Molecular modeling and design of invariant chain peptides with altered dissociation kinetics from class II MHC.

We have used molecular modeling to design substitutions in an invariant chain-derived peptide (CLIP), so as to alter the stability of its complex with class II major histocompatibility complex (MHC) proteins. We sought first to test whether CLIP binds in the same way to different class II MHC proteins. We designed destabilizing substitutions of two residues (Met 91 and Met 99) previously predicted to act as the major anchor residues for binding to all class II MHC and measured their effect on CLIP's dissociation rate from a series of three murine I-A MHC proteins. Even a conservative substitution preserving size and hydrophobicity but reducing flexibility (leucine, a branched residue) caused large accelerations in dissociation rates (up to 25-fold) at either position in all three MHC alleles, supporting the consistent role of these positions as the major anchors for MHC binding.

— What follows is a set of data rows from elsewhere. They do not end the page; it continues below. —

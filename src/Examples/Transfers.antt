-- ===== src/Examples/Transfers.antt =====
-- Batches of amounts on concrete inputs.
use conduit_contracts.Base.{
  ◌≡◌, refl, true, false, none, some, [], ◌∷◌, checked_add_u64, u64_limit, ◌-◌,
}
use conduit_contracts.Transfers.Processor.{
  err, processor_locked, calculation_overflow, Store, is_locked, add_all, process_batch,
}
use conduit_contracts.Transfers.Totals.{batch_answer, process_batch_lem}

abbrev unused : Store
unused = record { lock = none }

overflows : (process_batch ((u64_limit - 1) ∷ 1 ∷ []) unused).0 ≡ err calculation_overflow
unfolding process_batch add_all checked_add_u64
overflows = refl

process_batch_lem_example :
    (is_locked unused ≡ false
      → ((process_batch (3 ∷ 5 ∷ []) unused).0 ≡ batch_answer (3 ∷ 5 ∷ []))
        × ((process_batch (3 ∷ 5 ∷ []) unused).1.lock ≡ some false))
    × (is_locked unused ≡ true → process_batch (3 ∷ 5 ∷ []) unused ≡ (err processor_locked, unused))
process_batch_lem_example = process_batch_lem (3 ∷ 5 ∷ []) unused
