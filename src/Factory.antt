-- ===== src/Factory.antt =====
-- The DripFactory contract (contracts/factory/src): it deploys, funds and indexes streams.
pub mod Storage
pub mod Ttl
pub mod Governance
pub mod Query
pub mod Deploy
pub mod Creation
pub mod Admin
pub mod Paging
pub mod Walker
pub mod Coverage
pub mod Opening
pub mod Checks
pub mod Escrow
pub mod Solvency
pub mod Acceptance
pub mod Registry
pub mod Operation
pub mod Log
pub mod Maintenance
pub mod Refinement
pub mod Queries
pub mod Halt
pub mod Fees
pub mod Signature
pub mod Digest
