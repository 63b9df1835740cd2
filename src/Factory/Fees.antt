-- ===== src/Factory/Fees.antt =====
-- The factory reading the governor: contracts/factory/src/lib.rs and governance.rs over any history
-- of contracts/governor/src/lib.rs.
use conduit_contracts.Base.{ℕ, ◌≤◌, ◌≡◌, some, arith, List, ok, err, ◌⊎◌, Outcome, panic, trap}
use conduit_contracts.Host.{Address, TtlRule}
use conduit_contracts.Governor.Storage.{Env as GovernorEnv, Store as GovernorStore}
use conduit_contracts.Governor.Config.{load}
use conduit_contracts.Governor.Invariant.{HasAdmin, InRange, fee_of}
use conduit_contracts.Governor.Governance.{Transaction, run, run_stays_governed}
use conduit_contracts.Factory.Storage.{Env}
use conduit_contracts.Factory.Admin.{protocol_fee_bps}

abbrev answer : {S E : Type 0} → Outcome E (ℕ × S) → ℕ
answer (ok (a, s)) = a
answer (err e) = 0
answer (panic e) = 0
answer (trap t) = 0

module _ {L : Type 0} where
  fee_of_store :
      (e : Env L) (g : Address) (s : GovernorStore)
      → e.store.governor_address ≡ some g
      → e.governors g ≡ some s
      → InRange s
      → (fee : ℕ) × (protocol_fee_bps e ≡ ok (fee, e))
        × ((fee ≡ fee_of s) ⊎ (fee ≡ 30))
        × (fee ≤ 10_000)
  unfolding protocol_fee_bps load
  fee_of_store e g s a d r = (answer (protocol_fee_bps e), ground arith, ground arith, ground arith)

  -- Whatever calls are made on a governed governor, the fee that a factory reads from it afterwards
  -- is the one stored there, or 30 if the governor was never initialized; the query never fails,
  -- and the fee is at most 10,000 basis points.
  fee_stays_capped :
      ⦃rule : TtlRule⦄ (ts : List Transaction) (governor : GovernorEnv) (e : Env L) (g : Address)
      → HasAdmin governor.store
      → InRange governor.store
      → e.store.governor_address ≡ some g
      → e.governors g ≡ some (run ts governor).store
      → (fee : ℕ) × (protocol_fee_bps e ≡ ok (fee, e))
        × ((fee ≡ fee_of (run ts governor).store) ⊎ (fee ≡ 30))
        × (fee ≤ 10_000)
  fee_stays_capped ts governor e g v r a d =
      fee_of_store e g (run ts governor).store a d ((run_stays_governed ts governor v r).2)
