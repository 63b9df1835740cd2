-- ===== src/Governor.antt =====
-- The DripGovernor contract (contracts/governor/src): roles and protocol parameters.
pub mod Storage
pub mod Role
pub mod Config
pub mod Calls
pub mod Membership
pub mod Operation
pub mod Access
pub mod Invariant
pub mod Governance
pub mod Start
pub mod Handover
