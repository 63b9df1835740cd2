-- ===== src/Oracle.antt =====
-- src/oracle.rs: the parts of the price oracle that are whole. The file is compiled by no crate, and
-- `get_twap_price` is two versions run together, of which the second half is taken here.
pub mod Feed
pub mod Older
pub mod Payout
pub mod Prices
pub mod Conversion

These data also support the view that the special flexibility of the methionine side chains at these positions is essential for binding to diverse MHC molecules. We also used molecular modeling to design allele-specific enhancements of peptide binding. Designed substitutions of CLIP Pro 96 by Ala (for Ad), Glu (Ak), and Tyr (Au) each yielded strong enhancement of binding (up to 128-fold) for their targeted allele and only moderate or destabilizing effects to the other alleles. These results demonstrate the accuracy of the molecular models and the predictive value of this modeling. Moreover, they provide strong evidence for the proposed general model of invariant chain association, indicating that it binds to all class II MHC in the same conformation.